## EXERCISE MATERIAL
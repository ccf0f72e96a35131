-- ===== src/Fifo/Bulk/Sound.antt =====
-- What holds after every turn of the two programs.
use linuxapp.Common.{
  ℕ, suc, ◌+◌, ◌*◌, ◌≤◌, ◌<◌, ltb, Bool, true, false, some, List, [], ◌∷◌, length, ◌≡◌, refl, ◌⊎◌,
  inl, inr, arith, Bool-cases, ltb→lt, ◌∙◌, length-append, ap, lt→ltb,
}
use linuxapp.Common.Channel.{Pipe, IsFifo, IsWorking, read_all}
use linuxapp.Fifo.Stream.{Turn, writer, reader}
use linuxapp.Fifo.Bulk.{
  ten_meg, buffer_size, Transfer, write_round, read_round, transfer, opened, IsSound, IsBlocking,
}

module _ (P : Pipe) (waits : P.State → ℕ → Bool) (fifo : IsFifo P) (works : IsWorking P)
    (blocking : IsBlocking P waits) (buffer : List ℕ) (whole : length buffer ≡ buffer_size) where
  open P use {State, contents}

  another_block :
      (w : ℕ)
      → ((k : ℕ) × (w ≡ k * 4096) × (k ≤ 2560))
      → w < ten_meg
      → (k : ℕ) × (w + 4096 ≡ k * 4096) × (k ≤ 2560)
  another_block w (k, e, le) small = (suc k, omega arith, omega arith)

  still_open : (b : Transfer P waits) → IsSound P waits b → b.written < ten_meg → b.closed ≡ false
  still_open b sound more = elim sound.closing [
    | inl f ↦ f
    | inr w ↦ absurd (omega (arith, more, w))
  ]

  still_reading :
      (b : Transfer P waits) → IsSound P waits b → b.written < ten_meg → b.finished ≡ false
  still_reading b sound more = elim sound.ending [
    | inl f ↦ f
    | inr (over, z) ↦ absurd (cc (still_open b sound more, over))
  ]

  all_written :
      (w : ℕ) → ((k : ℕ) × (w ≡ k * 4096) × (k ≤ 2560)) → ltb w ten_meg ≡ false → w ≡ ten_meg
  all_written w (k, e, le) enough = ground arith

  none_left : (n : ℕ) → ltb 0 n ≡ false → n ≡ 0
  none_left n h = ground arith

  -- A write that does not wait, and a read that finds bytes.
  pub write_more :
      (b : Transfer P waits)
      → b.written < ten_meg
      → waits b.pipe buffer_size ≡ false
      → (t : State) × (write_round P waits buffer b
          ≡ some (record b { pipe = t; written = b.written + 4096 }))
        × (length (contents t) ≡ length (contents b.pipe) + 4096)
  unfolding write_round
  write_more b more room =
      let (n, t, e) = blocking.goes_on b.pipe buffer (rw whole room) in
      let same = fifo.contents-write b.pipe t buffer n e in
      let all : n ≡ 4096 = fifo.length-write b.pipe t buffer n e ∙ whole in
      (
        t,
        rw (lt→ltb b.written ten_meg more)
            (rw room (rw e (ap (λ m. some (record b { pipe = t; written = b.written + m })) all))),
        rw same
            (length-append (contents b.pipe) buffer ∙ ap (◌+◌ (length (contents b.pipe))) whole),
      )

  read_some :
      (b : Transfer P waits)
      → 0 < length (contents b.pipe)
      → (t : State) × (bytes : List ℕ) × (read_round P waits b
          ≡ some (record b { pipe = t; received = b.received + length bytes }))
        × (length (contents b.pipe) ≡ length bytes + length (contents t))
  unfolding read_round
  read_some b there =
      let (bytes, t, e) = works.was_read b.pipe buffer_size there in
      (
        t,
        bytes,
        rw (lt→ltb 0 (length (contents b.pipe)) there) (rw e refl),
        ap length (fifo.contents-read b.pipe t bytes buffer_size e)
            ∙ length-append bytes (contents t),
      )

  -- A read that asks for all that there is.
  pub read_more :
      (b : Transfer P waits)
      → 0 < length (contents b.pipe)
      → length (contents b.pipe) ≤ buffer_size
      → (t : State) × (read_round P waits b
          ≡ some (record b { pipe = t; received = b.received + length (contents b.pipe) }))
        × (contents t ≡ [])
  unfolding read_round
  read_more b there fits =
      let (t, e, empty) = read_all P fifo works b.pipe buffer_size there fits in
      (t, rw (lt→ltb 0 (length (contents b.pipe)) there) (rw e refl), empty)

  write_round-IsSound :
      (b : Transfer P waits)
      → IsSound P waits b
      → (c : Transfer P waits) × (write_round P waits buffer b ≡ some c) × IsSound P waits c
  unfolding write_round
  write_round-IsSound b sound = elim (Bool-cases (ltb b.written ten_meg)) [
    | inl more ↦ elim (Bool-cases (waits b.pipe buffer_size)) [
      | inr room ↦
          let small = ltb→lt b.written ten_meg more in
          let (t, e, added) = write_more b small room in
          (
            record b { pipe = t; written = b.written + 4096 },
            e,
            record {
              balance = omega (arith, added, sound.balance);
              blocks = another_block b.written sound.blocks small;
              closing = inl (still_open b sound small);
              ending = inl (still_reading b sound small);
            },
          )
      | inl full ↦ (b, rw more (rw full refl), sound)
    ]
    | inr enough ↦ (
      record b { closed = true },
      rw enough refl,
      record {
        balance = sound.balance;
        blocks = sound.blocks;
        closing = inr (all_written b.written sound.blocks enough);
        ending = elim sound.ending [ inl f ↦ inl f | inr (c, z) ↦ inr (refl, z) ];
      },
    )
  ]

  read_round-IsSound :
      (b : Transfer P waits)
      → IsSound P waits b
      → (c : Transfer P waits) × (read_round P waits b ≡ some c) × IsSound P waits c
  unfolding read_round
  read_round-IsSound b sound = elim (Bool-cases (ltb 0 (length (contents b.pipe)))) [
    | inl there ↦
        let more = ltb→lt 0 (length (contents b.pipe)) there in
        let (t, bytes, e, parts) = read_some b more in
        (
          record b { pipe = t; received = b.received + length bytes },
          e,
          record {
            balance = omega (arith, sound.balance, parts);
            blocks = sound.blocks;
            closing = sound.closing;
            ending = elim sound.ending [
              | inl f ↦ inl f
              | inr (c, z) ↦ absurd (omega (arith, z, more))
            ];
          },
        )
    | inr none_there ↦ elim (Bool-cases b.closed) [
      | inl over ↦ (
        record b { finished = true },
        rw none_there (rw over refl),
        record {
          balance = sound.balance;
          blocks = sound.blocks;
          closing = sound.closing;
          ending = inr (over, none_left (length (contents b.pipe)) none_there);
        },
      )
      | inr open_still ↦ (b, rw none_there (rw open_still refl), sound)
    ]
  ]

  pub transfer-IsSound :
      (turns : List Turn) (b : Transfer P waits)
      → IsSound P waits b
      → (c : Transfer P waits) × (transfer P waits buffer turns b ≡ some c) × IsSound P waits c
  unfolding transfer
  transfer-IsSound [] b sound = (b, refl, sound)
  transfer-IsSound (writer ∷ turns) b sound =
      let (c, e, sound') = write_round-IsSound b sound in
      let (d, e2, sound'') = transfer-IsSound turns c sound' in (d, rw e e2, sound'')
  transfer-IsSound (reader ∷ turns) b sound =
      let (c, e, sound') = read_round-IsSound b sound in
      let (d, e2, sound'') = transfer-IsSound turns c sound' in (d, rw e e2, sound'')

  pub opened-IsSound : (s : State) → contents s ≡ [] → IsSound P waits (opened P waits s)
  opened-IsSound s empty = record {
    balance = rw empty refl;
    blocks = (0, refl, omega arith);
    closing = inl refl;
    ending = inl refl;
  }

  pub finished_all :
      (b : Transfer P waits) → IsSound P waits b → (b.finished ≡ false) ⊎ (b.received ≡ ten_meg)
  finished_all b sound = elim sound.ending [
    | inl f ↦ inl f
    | inr (over, z) ↦ elim sound.closing [
      | inl still ↦ absurd (cc (still, over))
      | inr w ↦ inr (omega (arith, sound.balance, w, z))
    ]
  ]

## YOUR INSTRUCTIONS
Count the lines of the records that include the word "append". Give the number by itself.

## EXPECTED OUTPUT
3